(November 8, 2018 at 7:31 pm)AtlasS33 Wrote:(November 7, 2018 at 10:15 am)Jörmungandr Wrote: The expression that "the exception proves the rule," supposedly originally meant that the existence of an exception implies the existence of a more general rule. In this case, a more general rule exists (maybe). However, the existence of the more general rule does not itself testify as to whether the wife beating passage is intended to be conformant to the general rule, or is pointing out an exception which, justifiably violates the general rule. You are arguing that it is simply another case of the more general rule. That does not appear to be the case, as lex talionis does not appear to be involved in the wife beating surah, so it wouldn't be an example of such. An example of that is that the surah says to respond to feared rebellion with deprival of sex. That is not repaying kind in kind, so the verse has already departed from lex talionis. So what is your argument that the wife beating surah is an example of lex talionis and not an exception to it based on? It appears to read as if it were an exception. If husbands were expected to treat their wives the same way that their wives treat them, then why are there three graded responses to the same offense? It doesn't read as a confirmation of the lex talionis verse, but as an exception to it.
I think pin-pointing the trigger for the punishment is the key; and the trigger is "the rebellion".
"Rebellion" in itself is a very loose word; for example you can rebel on the norm by wearing emo style, or rebel on the norm by cutting yourself, or rebel on the norm by killing masses. Thus rebellion's meaning is missing if you don't specify its "kind".

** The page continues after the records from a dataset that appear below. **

-- ===== src/MsgBuffer/Peek.antt =====
-- Numbers through LSSMsgBuffer: what `appendInt…` put into an empty buffer, read by `readInt…`.
use lssvc.Common.{
  >>=-some, List, Option, [], ap, arith, drop, drop_all, length, refl, some, sym, take-append-drop,
  ℕ, ◌*◌, ◌++◌, ◌/◌, ◌<◌, ◌>>=◌, ◌^◌, ◌∙◌, ◌≡◌,
}
use lssvc.Bytes.{read_uint32, write_uint16, write_uint32}
use lssvc.Bytes.Codec.{
  length-write_uint16, length-write_uint32, read_uint16-write, read_uint32-write,
}
use lssvc.MsgBuffer.{
  MsgBuffer, append, append_int16, append_int32, append_int64, contents, peek, peek_int16,
  peek_int32, peek_int64, read_int, read_int16, read_int32, read_int64, readable_bytes, retrieve,
}
use lssvc.MsgBuffer.Invariant.{Holds, IsValid, length-contents}
use mathlib.Core.List.{append_assoc}
use lssvc.MsgBuffer.Refine.{append-Holds, retrieve-Holds}

-- The memory from `head` on begins with the contents.
peek-contents : (b : MsgBuffer) → (rest : List ℕ) × (peek b ≡ contents b ++ rest)
peek-contents b =
    (drop (readable_bytes b) (peek b), sym (take-append-drop (readable_bytes b) (peek b)))

-- What all widths share: the bytes are appended, seen by the peek, and retrieved.
through :
    (b : MsgBuffer) (bytes : List ℕ) (width v : ℕ) (peek_int : MsgBuffer → Option ℕ)
    → IsValid b
    → contents b ≡ []
    → width ≡ length bytes
    → ((c : MsgBuffer) (rest : List ℕ)
        → peek c ≡ bytes ++ rest
        → readable_bytes c ≡ width
        → peek_int c ≡ some v)
    → (b' : MsgBuffer) × ((append b bytes >>= read_int peek_int width) ≡ some (v, b')) × Holds b' []
unfolding read_int
through b bytes width v peek_int valid empty wide sees =
    let (c, e, holds) = append-Holds b bytes valid in
    let (rest, front) = peek-contents c in
    let whole : contents c ≡ bytes = rw empty at (holds.1) in
    let size : readable_bytes c ≡ width =
      omega (arith, length-contents c holds.0, ap length whole, wide) in
    let (kept, gone) = retrieve-Holds c width holds.0 in
    let none_left : drop width (contents c) ≡ [] =
      drop_all width (contents c) (omega (arith, ap length whole, wide)) in
    let seen : peek_int c ≡ some v = sees c rest (rw whole at front) size in
    (retrieve c width, >>=-some (read_int peek_int width) e ∙ rw seen, (kept, gone ∙ none_left))

module _ (b : MsgBuffer) (n : ℕ) (valid : IsValid b) (empty : contents b ≡ []) where
  -- `readInt16` and `readInt32` give back what `appendInt16` and `appendInt32` put into an empty
  -- buffer in order, which is empty and in order afterwards.
  pub read_int-append_int :
      (n < 2 ^ 16
        → (b' : MsgBuffer) × ((append_int16 b n >>= read_int16) ≡ some (n, b')) × Holds b' [])
      × (n < 2 ^ 32
          → (b' : MsgBuffer) × ((append_int32 b n >>= read_int32) ≡ some (n, b')) × Holds b' [])
  unfolding append_int16 read_int16 peek_int16 append_int32 read_int32 peek_int32
  read_int-append_int = (
    λ h.
        through b (write_uint16 n) 2 n peek_int16 valid empty (sym (length-write_uint16 n))
          (λ c rest front size. rw (size, front) (read_uint16-write n rest h)),
    λ h.
        through b (write_uint32 n) 4 n peek_int32 valid empty (sym (length-write_uint32 n))
          (λ c rest front size. rw (size, front) (read_uint32-write n rest h)),
  )

  -- `readInt64` loses the low half of what `appendInt64` put into an empty buffer in order: it
  -- answers the number with its low 32 bits cleared.
  pub read_int64-append_int64 :
      n < 2 ^ 64
      → (b' : MsgBuffer) × ((append_int64 b n >>= read_int64) ≡ some (n / 2 ^ 32 * 2 ^ 32, b'))
        × Holds b' []
  unfolding append_int64 read_int64
  read_int64-append_int64 h =
      through b (write_uint32 (n / 2 ^ 32) ++ write_uint32 n) 8 (n / 2 ^ 32 * 2 ^ 32) peek_int64
        valid empty (unfold write_uint32 in refl)
        (λ c rest front size. unfold peek_int64 in rw (size, front) (top_half rest h))
    where
      top_half :
          (rest : List ℕ)
          → n < 2 ^ 64
          → (read_uint32 ((write_uint32 (n / 2 ^ 32) ++ write_uint32 n) ++ rest) >>= λ v.
              some (v * 2 ^ 32))
            ≡ some (n / 2 ^ 32 * 2 ^ 32)
      top_half rest h = rw append_assoc (
          >>=-some (λ v. some (v * 2 ^ 32))
            (read_uint32-write (n / 2 ^ 32) (write_uint32 n ++ rest) (omega arith)))
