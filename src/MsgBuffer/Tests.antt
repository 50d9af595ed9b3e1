-- ===== src/MsgBuffer/Tests.antt =====
-- LSSMsgBuffer at concrete inputs.
use lssvc.Common.{[], arith, length, refl, replicate, some, ◌>>=◌, ◌∷◌, ◌≡◌}
use lssvc.MsgBuffer.{
  MsgBuffer, append, compact, copy_in, ensure_writeable_bytes, grown_length, init, overwrite, read,
}
use lssvc.MsgBuffer.Invariant.{Holds, IsValid}
use lssvc.MsgBuffer.Refine.{appends, receives, retrieves, run, run-Holds}

abbrev tiny : MsgBuffer
tiny = record { head = 8; tail = 8; cap = 8; buffer = replicate 16 0 }

tiny-IsValid : IsValid tiny
tiny-IsValid = record {
  offset = omega arith;
  ordered = omega arith;
  within = omega arith;
  capacity = omega arith;
}

-- A buffer too small for nine bytes doubles its vector.
append_grows : (append tiny (replicate 9 7) >>= λ b. some (length b.buffer)) ≡ some 40
unfolding append ensure_writeable_bytes copy_in compact grown_length overwrite init
append_grows = refl

-- `read` copies and takes nothing out.
read_keeps : read (record tiny { tail = 10 }) 5 ≡ 0 ∷ 0 ∷ []
unfolding read
read_keeps = refl

run-Holds_example :
    (b' : MsgBuffer) × (run tiny (appends (1 ∷ 2 ∷ 3 ∷ []) ∷ retrieves 2 ∷ receives (4 ∷ []) ∷ [])
      ≡ some b')
    × Holds b' (3 ∷ 4 ∷ [])
run-Holds_example =
    run-Holds tiny (appends (1 ∷ 2 ∷ 3 ∷ []) ∷ retrieves 2 ∷ receives (4 ∷ []) ∷ []) tiny-IsValid
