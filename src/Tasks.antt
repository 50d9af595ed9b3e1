-- ===== src/Tasks.antt =====
-- src/utils/lssvc_task.cpp and lssvc_taskmgr.cpp. A task is a number; of its callback only matters
-- whether it calls `restart`. The set of the tasks is a list without repetition, in the order in which
-- the loop of `work` comes to them. The lock makes an operation one step, and one reading of the clock
-- stands for those of a round.
pub mod Due
pub mod Tests
use lssvc.Common.{
  Bool, List, [], false, if◌then◌else◌, ltb, not, true, ℕ, ◌&&◌, ◌++◌, ◌+◌, ◌==◌, ◌||◌, ◌∷◌,
}

pub record Task : Type 0 where
  pub interval : ℕ
  pub when : ℕ
  pub restarts : Bool

-- `ran` is the sequence of the callbacks.
pub record TaskMgr : Type 0 where
  pub table : ℕ → Task
  pub tasks : List ℕ
  pub ran : List ℕ

abbrev pub new_task : ℕ → ℕ → Bool → Task
new_task now interval restarts = record {
  interval = interval;
  when = now + interval;
  restarts = restarts;
}

abbrev pub restart : ℕ → Task → Task
restart now t = record t { when = t.interval + now }

-- `run`.
unfoldable pub run : ℕ → ℕ → TaskMgr → TaskMgr
run now u m = record m {
  table = λ k. if k == u && (m.table u).restarts then restart now (m.table u) else m.table k;
  ran = m.ran ++ (u ∷ []);
}

abbrev pub is_due : ℕ → TaskMgr → ℕ → Bool
is_due now m u = ltb (m.table u).when now

-- The loop of `work`, with the tasks that it leaves.
unfoldable pub visit : ℕ → List ℕ → TaskMgr → TaskMgr × List ℕ
visit now [] m = (m, [])
visit now (u ∷ us) m =
    let after_run = visit now us (run now u m) in
    let passed = visit now us m in
    if is_due now m u
    then (if is_due now (run now u m) u then after_run else (after_run.0, u ∷ after_run.1))
    else (passed.0, u ∷ passed.1)

unfoldable pub work : ℕ → TaskMgr → TaskMgr
work now m = let (m', left) = visit now m.tasks m in record m' { tasks = left }

unfoldable pub has : ℕ → List ℕ → Bool
has u [] = false
has u (k ∷ ks) = k == u || has u ks

unfoldable pub add : ℕ → TaskMgr → TaskMgr × Bool
add u m = if has u m.tasks then (m, false) else (record m { tasks = u ∷ m.tasks }, true)

unfoldable pub filter : (ℕ → Bool) → List ℕ → List ℕ
filter p [] = []
filter p (k ∷ ks) = let rest = filter p ks in if p k then k ∷ rest else rest

unfoldable pub del : ℕ → TaskMgr → TaskMgr
del u m = record m { tasks = filter (λ k. not (k == u)) m.tasks }
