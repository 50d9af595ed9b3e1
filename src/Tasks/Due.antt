-- ===== src/Tasks/Due.antt =====
-- What a round of `work` runs and what it leaves.
use lssvc.Tasks.{TaskMgr, filter, is_due, run, visit, work}
use mathlib.Core.List.{append-nil, append_assoc}
use lssvc.Common.{
  ==_self, All, Bool, Bool-cases, List, [], ap, arith, false, ge→ltb, inl, inr, ltb, not, refl, sym,
  true, ℕ, ◌++◌, ◌+◌, ◌==◌, ◌||◌, ◌∙◌, ◌∷◌, ◌≡◌,
}

unfoldable pub Distinct : List ℕ → Type 0
Distinct [] = Unit {0}
Distinct (u ∷ us) = All (λ k. (k == u) ≡ false) us × Distinct us

abbrev pub stays : ℕ → TaskMgr → ℕ → Bool
stays now m u = not (is_due now m u) || (m.table u).restarts

-- The tests give the same where the tasks are the same.
Agrees : TaskMgr → TaskMgr → List ℕ → Type 0
Agrees m m' us = All (λ k. m'.table k ≡ m.table k) us

run-Agrees :
    (now u : ℕ) (m : TaskMgr) (us : List ℕ)
    → All (λ k. (k == u) ≡ false) us
    → All (λ k. (run now u m).table k ≡ m.table k) us
unfolding run
run-Agrees now u m [] others = tt
run-Agrees now u m (k ∷ us) (other, others) = (simp other refl, run-Agrees now u m us others)

filter-same : (p q : ℕ → Bool) (us : List ℕ) → All (λ k. q k ≡ p k) us → filter q us ≡ filter p us
unfolding filter
filter-same p q [] same = refl
filter-same p q (k ∷ us) (e, same) = simp (e, filter-same p q us same) refl

All-map : (P Q : ℕ → Type 0) (us : List ℕ) → ((k : ℕ) → P k → Q k) → All P us → All Q us
All-map P Q [] f all = tt
All-map P Q (k ∷ us) f (p, all) = (f k p, All-map P Q us f all)

filters_agree :
    (now : ℕ) (m m' : TaskMgr) (us : List ℕ)
    → All (λ k. m'.table k ≡ m.table k) us
    → (filter (is_due now m') us ≡ filter (is_due now m) us)
      × (filter (stays now m') us ≡ filter (stays now m) us)
filters_agree now m m' us same = (
  filter-same _ _ us (All-map _ _ us (λ k e. ap (λ t. ltb t.when now) e) same),
  filter-same _ _ us (All-map _ _ us (λ k e. ap (λ t. not (ltb t.when now) || t.restarts) e) same),
)

-- After its run a task is due only if it was not started again.
due_after :
    (now u : ℕ) (m : TaskMgr)
    → is_due now m u ≡ true
    → is_due now (run now u m) u ≡ not (m.table u).restarts
unfolding run
due_after now u m due = elim (Bool-cases (m.table u).restarts) [
  | inl e ↦ simp (==_self u, e) (ge→ltb ((m.table u).interval + now) now (omega arith))
  | inr e ↦ simp (==_self u, e) due
]

run_ran : (now u : ℕ) (m : TaskMgr) → (run now u m).ran ≡ m.ran ++ (u ∷ [])
unfolding run
run_ran now u m = refl

visit_lem :
    (now : ℕ) (us : List ℕ) (m : TaskMgr)
    → Distinct us
    → ((visit now us m).1 ≡ filter (stays now m) us)
      × ((visit now us m).0.ran ≡ m.ran ++ filter (is_due now m) us)
unfolding visit Distinct filter
visit_lem now [] m distinct = (refl, sym (append-nil m.ran))
visit_lem now (u ∷ us) m (others, distinct) =
    let (kept, ran') = visit_lem now us (run now u m) distinct in
    let (kept', ran'') = visit_lem now us m distinct in
    let (same_due, same_stays) =
      filters_agree now m (run now u m) us (run-Agrees now u m us others) in
    let after =
      ran'
      ∙ ap (λ xs. (run now u m).ran ++ xs) same_due
      ∙ ap (λ xs. xs ++ filter (is_due now m) us) (run_ran now u m)
      ∙ append_assoc m.ran (u ∷ []) (filter (is_due now m) us) in
    elim (Bool-cases (is_due now m u)) [
      | inl due ↦ elim (Bool-cases (m.table u).restarts) [
        | inl e ↦
            simp (due, due_after now u m due ∙ ap not e, e)
              (ap (λ xs. u ∷ xs) (kept ∙ same_stays), after)
        | inr e ↦ simp (due, due_after now u m due ∙ ap not e, e) (kept ∙ same_stays, after)
      ]
      | inr calm ↦ simp calm (ap (λ xs. u ∷ xs) kept', ran'')
    ]

-- The loop of `work`, which erases while it goes on, against the tasks as they were before it: each
-- task whose time is past is run once, in order, and no other; what is left are the tasks whose time
-- is not past and those that their callback started again.
pub work-due :
    (now : ℕ) (m : TaskMgr)
    → Distinct m.tasks
    → ((work now m).ran ≡ m.ran ++ filter (is_due now m) m.tasks)
      × ((work now m).tasks ≡ filter (stays now m) m.tasks)
unfolding work
work-due now m distinct = let (kept, ran') = visit_lem now m.tasks m distinct in (ran', kept)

Completing the example, let's say I see Agatha. Agatha has scars on her hands. So I assume that she rebelled on her norm and society by choosing the self-inflicted wounding.
That way, I specified what her rebellion is.
In the wife-beating verse; the word "rebellion/نشوز" is also loose without a specification.
There are 3 graded responses for 3 kinds of rebellions, the rebellion kinds are implicit (in my view) and I derived them from the punishments for each, putting "the eye for an eye" as my standard for deriving the types.
It's not the same offense. It's 3 degrees of the offense, and each punishment suit the degree.
I made three objections. You responded to only one. Moreover, that there are three different responses adds to the case that it's not lex talionis.